For Reading and Meditation:
Acts 4:1-12
We looked yesterday at the statement to the effect that all religions are the same. We must watch out for such statements, for when they are repeated over and over again, and by seemingly sincere people, we can be brainwashed into accepting them. In 1966, when the first multi-faith service was held in an Anglican church in London, in which Hindus, Buddhists, Muslims, and Christians took part on equal terms, some Christian newspapers described it as a "betrayal of the faith." Nowadays there is hardly a mention of such services although they take place regularly in different parts of our nation, and also in other countries.
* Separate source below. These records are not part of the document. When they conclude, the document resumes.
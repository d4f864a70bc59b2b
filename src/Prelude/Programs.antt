-- ===== src/Prelude/Programs.antt =====
-- Programs: functions from a state to the next state and the value or the error.
use mathlib.Core.Path.{◌≡◌, refl}
use mathlib.Core.Bool.{Bool, true, false}
use maxops.Prelude.Results.{Result, ok, err}

abbrev pub Program {ℓ κ μ} : Type ℓ → Type κ → Type μ → Type (ℓ ⊔ κ ⊔ μ)
Program S E A = S → S × Result E A

-- What follows a step that ended in a state with a value or an error.
unfoldable pub continue_with {ℓ κ μ ν} :
    {S : Type ℓ} {E : Type κ} {A : Type μ} {B : Type ν}
    → S
    → Result E A
    → (A → Program S E B)
    → S × Result E B
continue_with s (ok a) f = f a s
continue_with s (err e) f = (s, err e)

infixl 5 ◌>>=◌ ◌>>◌
abbrev pub ◌>>=◌ {ℓ κ μ ν} :
    {S : Type ℓ} {E : Type κ} {A : Type μ} {B : Type ν}
    → Program S E A
    → (A → Program S E B)
    → Program S E B
(m >>= f) s = continue_with (m s).0 (m s).1 f

abbrev pub ◌>>◌ {ℓ κ μ} :
    {S : Type ℓ} {E : Type κ} {B : Type μ} → Program S E (Unit {0}) → Program S E B → Program S E B
m >> k = m >>= λ _. k

abbrev pub pure {ℓ κ μ} : {S : Type ℓ} {E : Type κ} {A : Type μ} → A → Program S E A
pure a s = (s, ok a)

-- A value that is computed without touching the state.
abbrev pub lift {ℓ κ μ} : {S : Type ℓ} {E : Type κ} {A : Type μ} → Result E A → Program S E A
lift r s = (s, r)

-- A value that is read off the state.
abbrev pub read {ℓ κ μ} : {S : Type ℓ} {E : Type κ} {A : Type μ} → (S → A) → Program S E A
read f s = (s, ok (f s))

-- The conditional of a program. It is shut, so that `choice_ind` reads off its parts.
infix 1 if◌then◌else◌
unfoldable pub if◌then◌else◌ {ℓ} : {A : Type ℓ} → Bool → A → A → A
if true then x else y = x
if false then x else y = y

-- To show a property of a choice, show it of each side, where the test is known.
pub choice_ind {ℓ κ} :
    {A : Type ℓ} (P : A → Type κ) (b : Bool) {x y : A}
    → (b ≡ true → P x)
    → (b ≡ false → P y)
    → P (if b then x else y)
unfolding if◌then◌else◌
choice_ind P true h k = h refl
choice_ind P false h k = k refl

pub continue_inv {ℓ κ μ ν ξ} :
    {S : Type ℓ} {E : Type κ} {A : Type μ} {B : Type ν} (P : S → Type ξ) (f : A → Program S E B)
    → ((a : A) (s : S) → P s → P (f a s).0)
    → (s : S) (r : Result E A) → P s
    → P (continue_with s r f).0
unfolding continue_with
continue_inv P f k s (ok a) p = k a s p
continue_inv P f k s (err e) p = p

-- What a step and all that may follow it keep, the sequence keeps.
pub bind_inv {ℓ κ μ ν ξ} :
    {S : Type ℓ} {E : Type κ} {A : Type μ} {B : Type ν} (P : S → Type ξ) (m : Program S E A)
    (f : A → Program S E B)
    → ((s : S) → P s → P (m s).0)
    → ((a : A) (s : S) → P s → P (f a s).0)
    → (s : S) → P s
    → P ((m >>= f) s).0
bind_inv P m f h k s p = continue_inv P f k (m s).0 (m s).1 (h s p)

-- A sequence that ends well has done its step well, and what follows it.
pub bind_ok {ℓ κ μ ν} :
    {S : Type ℓ} {E : Type κ} {A : Type μ} {B : Type ν} (f : A → Program S E B) (s : S)
    (r : Result E A) {b : B}
    → (continue_with s r f).1 ≡ ok b
    → (a : A) × (r ≡ ok a) × ((f a s).1 ≡ ok b) × ((continue_with s r f).0 ≡ (f a s).0)
unfolding continue_with
bind_ok f s (ok a) h = (a, refl, h, refl)
bind_ok f s (err e) h = cc

-- To show a property of a sequence, show it of a failed first step and of what follows a good one.
pub continue_ind {ℓ κ μ ν ξ} :
    {S : Type ℓ} {E : Type κ} {A : Type μ} {B : Type ν} (P : S × Result E B → Type ξ)
    (f : A → Program S E B) (s : S) (r : Result E A)
    → ((e : E) → r ≡ err e → P (s, err e))
    → ((a : A) → r ≡ ok a → P (f a s))
    → P (continue_with s r f)
unfolding continue_with
continue_ind P f s (ok a) h k = k a refl
continue_ind P f s (err e) h k = h e refl

pub continue_ok {ℓ κ μ ν} :
    {S : Type ℓ} {E : Type κ} {A : Type μ} {B : Type ν} (f : A → Program S E B) (s : S)
    {r : Result E A} {a : A}
    → r ≡ ok a
    → continue_with s r f ≡ f a s
unfolding continue_with
continue_ok f s e = rw e refl

pub choice_true {ℓ} : {A : Type ℓ} {b : Bool} (x y : A) → b ≡ true → (if b then x else y) ≡ x
unfolding if◌then◌else◌
choice_true x y e = rw e refl

pub choice_false {ℓ} : {A : Type ℓ} {b : Bool} (x y : A) → b ≡ false → (if b then x else y) ≡ y
unfolding if◌then◌else◌
choice_false x y e = rw e refl
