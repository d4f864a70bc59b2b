-- ===== src/Store/Canonical.antt =====
-- `canonical_json` and `job_spec_hash` of crates/maxops-store/src/lib.rs.
use Prim.Native.String.{compare}
use Prim.Native.Nat.{Ordering}
use maxops.Prelude.{String, Bool, true, false, if◌then◌else◌}
use maxops.Proto.Json.{
  Value, Values, Members, null, bool, unsigned, neg, float, string, array, object, nil, cons, end,
  member,
}
use maxops.Proto.Jobs.{NewJob}

-- The order of keys is that of their bytes, which is the order of their code points.
unfoldable pub key_leb : String → String → Bool
key_leb a b = elim (compare a b) [ Ordering.gt ↦ false | _ ↦ true ]

-- `sort_by_key` keeps entries with the same key in order, as insertion in front of the first entry
-- that is not smaller does.
unfoldable pub insert_member : String → Value → Members → Members
insert_member k v end = member k v end
insert_member k v (member j w rest) =
    if key_leb k j then member k v (member j w rest) else member j w (insert_member k v rest)

unfoldable mutual
  pub canonical_json : Value → Value
  canonical_json (object m) = object (canonical_members m)
  canonical_json (array vs) = array (canonical_values vs)
  canonical_json null = null
  canonical_json (bool b) = bool b
  canonical_json (unsigned n) = unsigned n
  canonical_json (neg n) = neg n
  canonical_json (float t) = float t
  canonical_json (string s) = string s

  pub canonical_values : Values → Values
  canonical_values nil = nil
  canonical_values (cons v vs) = cons (canonical_json v) (canonical_values vs)

  pub canonical_members : Members → Members
  canonical_members end = end
  canonical_members (member k v rest) = insert_member k (canonical_json v) (canonical_members rest)

-- `fingerprint` is the hexadecimal BLAKE3 hash of a value's bytes, which other packages compute.
unfoldable pub job_spec_hash : (Value → String) → NewJob → String
job_spec_hash fingerprint new = fingerprint (
    canonical_json (
      object (
        member "host" (string new.host) (
          member "operation" (string new.operation)
            (member "spec_version" (unsigned new.spec_version) (member "spec" new.spec end))))))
People seem to have given up the idea of syncretism - the idea that all religions can be fused into one - and are focusing more on pluralism-the recognition of each faith as being of equal value. I take my stand with Dr. Visser't Hooft who said: "It is high time that Christians should rediscover that Jesus Christ did not come to make a contribution to the religious storehouse of mankind, but that in Him God reconciled the world unto Himself." The words of our text for today were displayed outside a church in London until the minister was told by the local authority to take the poster down as it offended some local inhabitants who were adherents of other faiths. "It is not the best way to love one's neighbor as oneself" was how one critic put it. But how can we love our neighbor as ourselves if we make no attempt to share with them the knowledge of salvation in Jesus Christ?
O Father, in an age when the faith once delivered to the saints is being watered down, deepen my understanding of it so that I may contend for it without being contentious. In Christ's Name I pray. Amen.